If the condition is not met, the insured gets nothing. That’s the trial
court’s view.
The
appellate court doesn’t like that! What
do they do? They declare the paragraph
to be a promise and not a condition. So
what we have here, in the appellate court’s view, is a broken promise rather
than a condition that wasn’t met. The appellate
court finds that this is a promise only that
is not a condition. The appellate court interprets the provision
this way because otherwise a forfeiture will be imposed on the Howards,
and that’s harsh. The Howards paid
the premium and planted their crop.

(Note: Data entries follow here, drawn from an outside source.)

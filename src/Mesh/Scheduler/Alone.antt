-- ===== src/Mesh/Scheduler/Alone.antt =====
-- kanbrick-mesh/src/scheduler.rs: a worker's thread that nothing else interrupts, and the result
-- that its retries are meant to have.
use kanbrick_v.Common.{
  ℕ, ◌+◌, ◌*◌, ◌<◌, ◌≤◌, zero, suc, Text, text_eq, nat_eq, nat_beq_iff, ==_refl, ◌≡◌, ◌≢◌, refl,
  sym, subst, Option, none, some, lookup, insert, lookup-insert, lookup-modify, modify, Dict,
  Result, ok, err, true, false, arith, ltb,
}
use kanbrick_v.Mesh.Abi.{GuestResponse}
use kanbrick_v.Mesh.Error.{MeshError}
use kanbrick_v.Mesh.Task.{TaskStatus, task_running, task_completed}
use kanbrick_v.Mesh.Scheduler.{
  Shared, Worker, Pc, acquiring, starting, invoking, settling, finished, set_status, release,
}
use kanbrick_v.Mesh.Scheduler.Thread.{move, move_at, at, after_attempt, failure_status}

abbrev pub attempt_of : Pc → ℕ
attempt_of (invoking n) = n
attempt_of _ = 0

abbrev stepped : Shared × Worker → Option (Shared × Worker) → Shared × Worker
stepped here none = here
stepped here (some there) = there

no_more : (n top : ℕ) → n ≡ top → ltb n top ≡ false
no_more n top e = ground arith

one_more_retry : (n top : ℕ) → n < top → ltb n top ≡ true
one_more_retry n top e = ground arith

module _ (debug : Text → Text) (answer : ℕ → Result MeshError GuestResponse) where
  abbrev last_answer : Result MeshError GuestResponse → TaskStatus
  last_answer (ok response) = task_completed response.payload
  last_answer (err e) = failure_status debug e

  abbrev first_success : Result MeshError GuestResponse → TaskStatus → TaskStatus
  first_success (ok response) rest = task_completed response.payload
  first_success (err e) rest = rest

  -- The status that a task is to end with when `answer n` is what the runtime answers to attempt
  -- `n`: that of the first attempt that succeeds, or of the last one.
  unfoldable pub retry_result : ℕ → ℕ → TaskStatus
  retry_result zero n = last_answer (answer n)
  retry_result (suc k) n = first_success (answer n) (retry_result k (n + 1))

  -- The thread's moves with no other thread's between them, as many as the fuel allows.
  unfoldable pub run_alone : ℕ → Shared × Worker → Shared × Worker
  run_alone zero s = s
  run_alone (suc fuel) (sh, w) =
      run_alone fuel (stepped (sh, w) (move debug sh w (answer (attempt_of w.pc))))

  -- The worker has ended with this status and its permit is back.
  pub record Settled (sh : Shared) (w : Worker) (st : TaskStatus) (r : Shared × Worker)
      : Type 0 where
    pub ended : r.1 ≡ at finished w
    pub own : lookup w.id r.0.statuses ≡ some st
    pub others : (j : ℕ) → w.id ≢ j → lookup j r.0.statuses ≡ lookup j sh.statuses
    pub sems : r.0.sems ≡ modify w.guest suc sh.sems

  run_alone-finished :
      (fuel : ℕ) (sh : Shared) (w : Worker)
      → run_alone fuel (sh, at finished w) ≡ (sh, at finished w)
  unfolding run_alone move_at
  run_alone-finished zero sh w = refl
  run_alone-finished (suc fuel) sh w = run_alone-finished fuel sh w

  from_settling :
      (fuel : ℕ) (sh : Shared) (w : Worker) (st : TaskStatus)
      → 2 ≤ fuel
      → Settled sh w st (run_alone fuel (sh, at (settling st) w))
  unfolding run_alone move_at
  from_settling zero sh w st h = absurd (omega arith)
  from_settling (suc zero) sh w st h = absurd (omega arith)
  from_settling (suc (suc fuel)) sh w st h =
      rw (run_alone-finished fuel (release w.guest (set_status w.id st sh)) w) (record {
        ended = refl;
        own = rw (lookup-insert w.id w.id st sh.statuses, ==_refl w.id) refl;
        others = λ j ne. ground (arith, lookup-insert w.id j st sh.statuses, nat_beq_iff w.id j);
        sems = refl;
      })

  -- What follows the last attempt
  after_last :
      (n fuel : ℕ) (sh : Shared) (w : Worker) (a : Result MeshError GuestResponse)
      → n ≡ w.retry.max_retries
      → 2 ≤ fuel
      → Settled sh w
          (last_answer a)
          (run_alone fuel (sh, at (after_attempt debug w.retry.max_retries n a) w))
  unfolding after_attempt
  after_last n fuel sh w (ok response) e h = from_settling fuel sh w _ h
  after_last n fuel sh w (err x) e h =
      rw (no_more n w.retry.max_retries e) (from_settling fuel sh w _ h)

  -- A worker that has set its status to running again, and then settled
  rerun :
      (sh : Shared) (w : Worker) (st : TaskStatus) (r : Shared × Worker)
      → Settled (set_status w.id task_running sh) w st r
      → Settled sh w st r
  rerun sh w st r s = record {
    ended = s.ended;
    own = s.own;
    others = λ j ne.
        ground
          (arith, s.others j, lookup-insert w.id j task_running sh.statuses, nat_beq_iff w.id j);
    sems = s.sems;
  }

  -- What follows an attempt that is not the last, if the next ones settle the task
  after_other :
      (n fuel : ℕ) (sh : Shared) (w : Worker) (a : Result MeshError GuestResponse)
      (rest : TaskStatus)
      → n < w.retry.max_retries
      → 2 ≤ fuel
      → ((left : ℕ) (t : Shared)
          → fuel ≤ left + 2
          → Settled t w rest (run_alone left (t, at (invoking (n + 1)) w)))
      → Settled sh w
          (first_success a rest)
          (run_alone fuel (sh, at (after_attempt debug w.retry.max_retries n a) w))
  unfolding after_attempt run_alone move_at
  after_other n fuel sh w (ok response) rest e h next = from_settling fuel sh w _ h
  after_other n zero sh w (err x) rest e h next = absurd (omega arith)
  after_other n (suc zero) sh w (err x) rest e h next = absurd (omega arith)
  after_other n (suc (suc fuel)) sh w (err x) rest e h next =
      rw (one_more_retry n w.retry.max_retries e)
        (rerun sh w rest _ (next fuel (set_status w.id task_running sh) (omega arith)))

  from_invoking :
      (k n fuel : ℕ) (sh : Shared) (w : Worker)
      → n + k ≡ w.retry.max_retries
      → 3 + 3 * k ≤ fuel
      → Settled sh w (retry_result k n) (run_alone fuel (sh, at (invoking n) w))
  unfolding run_alone move_at retry_result
  from_invoking k n zero sh w e h = absurd (omega arith)
  from_invoking zero n (suc fuel) sh w e h =
      after_last n fuel sh w (answer n) (omega (arith, e)) (omega arith)
  from_invoking (suc k) n (suc fuel) sh w e h =
      after_other n fuel sh w (answer n) (retry_result k (n + 1)) (omega (arith, e)) (omega arith)
        (λ left t enough. from_invoking k (n + 1) left t w (omega (arith, e)) (omega arith))

  module _ (sh : Shared) (w : Worker) (permits : ℕ) (waits : w.pc ≡ acquiring)
      (free : lookup w.guest sh.sems ≡ some (suc permits)) where
    taken : Shared
    taken = record sh { sems = insert w.guest permits sh.sems }

    first_move :
        stepped (sh, w) (move debug sh w (answer (attempt_of w.pc))) ≡ (taken, at (starting 0) w)
    unfolding move_at taken
    first_move = rw (waits, free) refl

    from_starting :
        (fuel : ℕ)
        → 3 + 3 * w.retry.max_retries ≤ fuel
        → Settled taken w
            (retry_result w.retry.max_retries 0)
            (run_alone (suc fuel) (taken, at (starting 0) w))
    unfolding run_alone move_at
    from_starting fuel h = rerun taken w _ _ (
        from_invoking w.retry.max_retries 0 fuel (set_status w.id task_running taken) w
          (omega arith) h)

    from_acquiring :
        (fuel : ℕ)
        → 5 + 3 * w.retry.max_retries ≤ fuel
        → Settled taken w (retry_result w.retry.max_retries 0) (run_alone fuel (sh, w))
    unfolding run_alone
    from_acquiring zero h = absurd (omega arith)
    from_acquiring (suc zero) h = absurd (omega arith)
    from_acquiring (suc (suc fuel)) h =
        subst (λ s. Settled taken w (retry_result w.retry.max_retries 0) (run_alone (suc fuel) s))
          (sym first_move) (from_starting fuel (omega arith))

    restored :
        (m : Dict Text ℕ)
        → m ≡ modify w.guest suc taken.sems
        → lookup w.guest m ≡ some (suc permits)
    unfolding taken
    restored m e =
        rw
          (
            e,
            lookup-modify w.guest w.guest suc (insert w.guest permits sh.sems),
            ==_refl w.guest,
            lookup-insert w.guest w.guest permits sh.sems,
            ==_refl w.guest,
          )
          refl

  -- A worker whose guest has a permit, and whose thread is not interrupted, ends within five moves
  -- and three more for each retry. Its task has then the status of the first attempt that
  -- succeeds, or of the last one, no other status has changed, and the permit is back.
  pub run_alone-retry_result :
      (sh : Shared) (w : Worker) (permits fuel : ℕ)
      → w.pc ≡ acquiring
      → lookup w.guest sh.sems ≡ some (suc permits)
      → 5 + 3 * w.retry.max_retries ≤ fuel
      → ((run_alone fuel (sh, w)).1.pc ≡ finished)
        × (lookup w.id (run_alone fuel (sh, w)).0.statuses
            ≡ some (retry_result w.retry.max_retries 0))
        × ((j : ℕ) → w.id ≢ j → lookup j (run_alone fuel (sh, w)).0.statuses ≡ lookup j sh.statuses)
        × (lookup w.guest (run_alone fuel (sh, w)).0.sems ≡ some (suc permits))
  unfolding taken
  run_alone-retry_result sh w permits fuel p e h =
      (rw (done.ended) refl, done.own, done.others, restored sh w permits p e _ done.sems)
    where
      done :
          Settled
            (taken sh w permits p e)
            w
            (retry_result w.retry.max_retries 0)
            (run_alone fuel (sh, w))
      done = from_acquiring sh w permits p e fuel h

It
was destroyed, and they ought to be able to recover.
We
resolve ambiguities in two ways: (1) against forfeitures, and
(2) against drafters who are unclear.
But
what’s the biggest weakness in the appellate court’s decision? What can the insurance company do? The promise to plow the stalks under has been
broken. How can the insurance company
turn that into damages? What would they
have to prove to recover damages? They
probably have a virtually impossible
burden of proof here. They would have to
prove that if the stalks hadn’t been plowed under that there would have been a
case of fraud. But how can they prove
what they could have shown if the world were different and the stalks hadn’t
been plowed under? They can’t!
What
the court really seems to do is read 5(f) out of the deal. By declaring 5(f) a promise only, you’re
basically taking away any effect it might have.
One
result of this case is to show us how a condition works versus how a promise
works. Sometimes a condition will do the work you want, but a promise won’t help. Sometimes a promise will do the work you want, but a condition won’t help. Also notice that it’s rare for a provision to
be found to be a condition only.
Tomorrow
we will start on conditions precedent and subsequent in a big way.